Chantix suffered a one-two punch yesterday, as a watchdog group's report linked the stop-smoking med to a wide variety of health and safety problems, and the Federal Aviation Administration told pilots and air traffic controllers not to use it. The FAA's decision directly affects only 150 pilots and 30 air traffic controllers known to be taking the drug, but it could lead to bans by other transportation agencies.
Potentially more damaging is the Institute for Safe Medication Practices' report, which analyzed the hundreds of adverse events reported to the FDA. More than 200 reports of suicide attempts or suicides, almost 400 of possible psychosis, and 525 of hostility or aggression were sent to the agency between May 2006 and December 2007. (Putting this in perspective, an estimated 6.5 million people have used the drug.)
Okay, we've known about Chantix's link to psychiatric side effects for some time; the FDA asked Pfizer to add warning language to the drug's label. And the Institute allowed that the number of reports might have been spurred upward by publicity surrounding a Dallas musician's bizarre behavior on Chantix. But nevertheless, the report said, Chantix's risks have been underestimated.

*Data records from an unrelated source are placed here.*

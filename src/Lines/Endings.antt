-- ===== src/Lines/Endings.antt =====
-- Line endings after and before normalisation.
use duck_hunt.Prelude.{
  ◌≤◌, ◌≡◌, refl, ap, ◌==◌, Bool, true, false, ◌||◌, ◌&&◌, not, [], ◌∷◌, Text, length, arith,
  contains,
}
use duck_hunt.Lines.{
  cr, lf, normalize_line_endings, LineEndings, scan_line_endings, name_line_ending,
  detect_line_ending,
}
use duck_hunt.Lines.Split.{FreeOf}

-- No `\r` is left.
pub normalize_line_endings-FreeOf : (s : Text) → FreeOf cr (normalize_line_endings s)
unfolding normalize_line_endings
normalize_line_endings-FreeOf [] = tt
normalize_line_endings-FreeOf (c ∷ []) = ground arith
normalize_line_endings-FreeOf (c ∷ d ∷ s) =
    ground (arith, normalize_line_endings-FreeOf s, normalize_line_endings-FreeOf (d ∷ s))

-- A text without `\r` stays as it is.
pub normalize_line_endings_id : (s : Text) → FreeOf cr s → normalize_line_endings s ≡ s
unfolding normalize_line_endings
normalize_line_endings_id [] h = refl
normalize_line_endings_id (c ∷ []) h = ground arith
normalize_line_endings_id (c ∷ d ∷ s) h = ground (arith, normalize_line_endings_id (d ∷ s) h.1)

-- The normalised text is no longer than the text.
pub length-normalize_line_endings : (s : Text) → length (normalize_line_endings s) ≤ length s
unfolding normalize_line_endings
length-normalize_line_endings [] = omega arith
length-normalize_line_endings (c ∷ []) = ground arith
length-normalize_line_endings (c ∷ d ∷ s) =
    ground (arith, length-normalize_line_endings s, length-normalize_line_endings (d ∷ s))

-- Is there a `\r` with no `\n` behind it?
abbrev pub has_lone_cr : Text → Bool
has_lone_cr [] = false
has_lone_cr (c ∷ []) = c == cr
has_lone_cr (c ∷ d ∷ s) = (c == cr && not (d == lf)) || has_lone_cr (d ∷ s)

-- The same for a `\n` with no `\r` before it, where `after` tells that a `\r` stands before the text.
abbrev pub has_lone_lf : Bool → Text → Bool
has_lone_lf after [] = false
has_lone_lf after (c ∷ s) = (c == lf && not after) || has_lone_lf (c == cr) s

abbrev pub joined : LineEndings → Text → LineEndings
joined f s = record {
  has_cr = f.has_cr || has_lone_cr s;
  has_lf = f.has_lf || has_lone_lf false s;
  has_crlf = f.has_crlf || contains (cr ∷ lf ∷ []) s;
}

has_lone_cr-lf : (s : Text) → has_lone_cr (lf ∷ s) ≡ has_lone_cr s
has_lone_cr-lf [] = refl
has_lone_cr-lf (c ∷ s) = refl

-- The scan finds each kind of line ending exactly where the text has one.
pub scan_line_endings-eq-joined : (f : LineEndings) (s : Text) → scan_line_endings f s ≡ joined f s
unfolding scan_line_endings contains
scan_line_endings-eq-joined f [] = ground arith
scan_line_endings-eq-joined f (c ∷ []) = ground arith
scan_line_endings-eq-joined f (c ∷ d ∷ s) = ground (
  arith,
  scan_line_endings-eq-joined (record f { has_crlf = true }) s,
  scan_line_endings-eq-joined (record f { has_cr = true }) (d ∷ s),
  scan_line_endings-eq-joined (record f { has_lf = true }) (d ∷ s),
  scan_line_endings-eq-joined f (d ∷ s),
  has_lone_cr-lf s,
)

abbrev pub nothing_seen : LineEndings
nothing_seen = record { has_cr = false; has_lf = false; has_crlf = false }

-- The style that `DetectLineEnding` names: CRLF where one stands anywhere, else LF, else CR.
pub detect_line_ending-joined :
    (s : Text) → detect_line_ending s ≡ name_line_ending (joined nothing_seen s)
unfolding detect_line_ending
detect_line_ending-joined s = ap name_line_ending (scan_line_endings-eq-joined nothing_seen s)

The study's lead author called on Pfizer and the FDA to "immediately" strengthen warnings on Chantix's label and launch careful studies of the safety issues.
The new report also linked Chantix to other side effects: accidents and falls, potentially lethal heart rhythm problems, heart attacks, seizures, and diabetes. Rattled by the data--and by recent prescription trends, which have been decidedly downward--Wall Street analysts cut their sales forecasts for Chantix. Year over year, Chantix scrips have dropped 30 percent, and if they continue falling at that pace, "forecasts for Chantix could be too high by as much as $500 million to $1 billion by 2012," a Sanford Bernstein analyst wrote. That firm, for one, is cutting its 2008 forecasts--to $909 million in global sales from $1.14 billion--and 2012 numbers to $700 million from $1.6 million. For 2007, Chantix sales were $883 million.